Quote from: kingyak on October 11, 2011, 10:56:50 PM
Well, at least it happened when there are massive protests going on all over the country. Nothing to scare the peasants back into their hovels like a nice scary dragon/werewolf/terrorist sighting.

funny I was thinking the same

Doktor Howl

CNN is the Fear Network™.  I assume that anything they say is as reliable as Fox or WND.

I'll bow to Cain's assessment of the BBC, should he have time to give it.
Molon Lube

Juana

I'm a little at a loss why a Mexican cartel would be willing to cooperate with the Iranians for an assassination of a Saudi, come to think of it.
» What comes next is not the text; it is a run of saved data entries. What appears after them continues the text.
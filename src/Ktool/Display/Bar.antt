-- ===== src/Ktool/Display/Bar.antt =====
-- ktool.py: the progress bar.
use mathlib.Core.List.{append_assoc}
use native.Mathlib.Nat.{
  div-le_of_le-mul, div-lt_iff_lt-mul, mul-div_cancel, mul-le-mul_left, mul-lt-mul_of_pos_left,
  mul_comm, le-div_iff_mul-le,
}
use user_basic.Base.{
  Bool, true, false, some, ◌==◌, ==_iff, ℕ, suc, ◌-◌, ◌≤◌, ◌<◌, ◌*◌, ◌++◌, Line, codes, replicate,
  ◌≡◌, ◌↔◌, refl, arith,
}
use user_basic.Ktool.Display.{filled_length, bar, print_progress_bar, Shown}

filled_length_le :
    (len iteration total : ℕ) → iteration ≤ total → filled_length len iteration total ≤ len
unfolding filled_length
filled_length_le len iteration total h =
    div-le_of_le-mul total (rw (mul_comm len total) at (mul-le-mul_left len h))

not_zero : {n : ℕ} → 0 < n → (n == 0) ≡ false
not_zero pos = ground arith

filled_length_part :
    (len iteration total : ℕ)
    → 0 < total
    → filled_length len iteration total * total ≤ len * iteration
unfolding filled_length
filled_length_part len iteration total pos = (le-div_iff_mul-le pos).0 (omega arith)

filled_length_next :
    (len iteration total : ℕ)
    → 0 < total
    → len * iteration < suc (filled_length len iteration total) * total
unfolding filled_length
filled_length_next len iteration total pos = (div-lt_iff_lt-mul pos).0 (omega arith)

-- Before the end there is something left of the bar.
filled_length_lt :
    (len iteration total : ℕ)
    → 0 < total
    → iteration < total
    → 0 < len
    → filled_length len iteration total < len
unfolding filled_length
filled_length_lt len iteration total pos h some_len =
    (div-lt_iff_lt-mul pos).1 (mul-lt-mul_of_pos_left h some_len)

filled_length_full : (len total : ℕ) → 0 < total → filled_length len total total ≡ len
unfolding filled_length
filled_length_full len total pos = mul-div_cancel len pos

not_before : {a b : ℕ} → a ≤ b → ¬ (a < b) → a ≡ b
not_before le not_lt = ground arith

-- For a part of a total that is not 0, and a bar that is not to be empty: the prefix is shown, then
-- between bars `=` for the greatest number of places that is no greater a part of the length, and
-- `-` for the rest of the length, and then the percentage and the suffix. The line is ended exactly
-- when all places are `=`.
pub print_progress_bar-full :
    (callback : Bool) (percent : Line) (iteration total : ℕ) (prefix suffix filename : Line)
    (len : ℕ)
    → 0 < total
    → iteration ≤ total
    → 0 < len
    → (shown : Shown) × (places : ℕ) × (print_progress_bar callback percent iteration total prefix
          suffix filename len
        ≡ some shown)
      × (shown.text ≡ (
          codes "\r"
          ++ prefix
          ++ codes " |"
          ++ replicate places b'='
          ++ replicate (len - places) b'-'
          ++ codes "| "
          ++ percent
          ++ codes "% "
          ++ suffix))
      × (places ≤ len)
      × (places * total ≤ len * iteration)
      × (len * iteration < suc places * total)
      × ((shown.new_line ≡ true) ↔ (places ≡ len))
unfolding print_progress_bar bar
print_progress_bar-full callback percent iteration total prefix suffix filename len pos h some_len =
    let last = ==_iff iteration total in
    rw (not_zero pos) (
      _,
      filled_length len iteration total,
      refl,
      simp append_assoc refl,
      filled_length_le len iteration total h,
      filled_length_part len iteration total pos,
      filled_length_next len iteration total pos,
      (
        (λ e. rw (last.0 e) (filled_length_full len total pos)),
        (λ e. last.1 (
            not_before h
              (λ less. ground (arith, e, filled_length_lt len iteration total pos less some_len)))),
      ),
    )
Is there something I'm missing here?
"I dispose of obsolete meat machines.  Not because I hate them (I do) and not because they deserve it (they do), but because they are in the way and those older ones don't meet emissions codes.  They emit too much.  You don't like them and I don't like them, so spare me the hysteria."

The Rev

Quote from: Secret Agent GARBO on October 11, 2011, 11:04:53 PM
I'm a little at a loss why a Mexican cartel would be willing to cooperate with the Iranians for an assassination of a Saudi, come to think of it. Is there something I'm missing here?

The truth, maybe??? In my bones I think the U.S. has been just itching for a reason to invade Iran, and why would it surprise anyone if they finally had to fabricate that reason?

Cain

Quote from: Doktor Howl on October 11, 2011, 11:03:05 PM
CNN is the Fear Network™.  I assume that anything they say is as reliable as Fox or WND.

I'll bow to Cain's assessment of the BBC, should he have time to give it.

With the BBC, they wont dress it up, as a rule, but you have to consider their sources.  The BBC got hit very badly over its coverage of the Iraq War and the negative aspects thereof (pointing out Tony Blair was lying led to the BBC being branded the Baghdad Broadcasting Network - hilarious I'm sure you'll agree), and so tend to toe the line more carefully when reporting based on government sources.

Not sensationalist, but in some ways that makes it harder to tell when they're passing along a line of bullshit.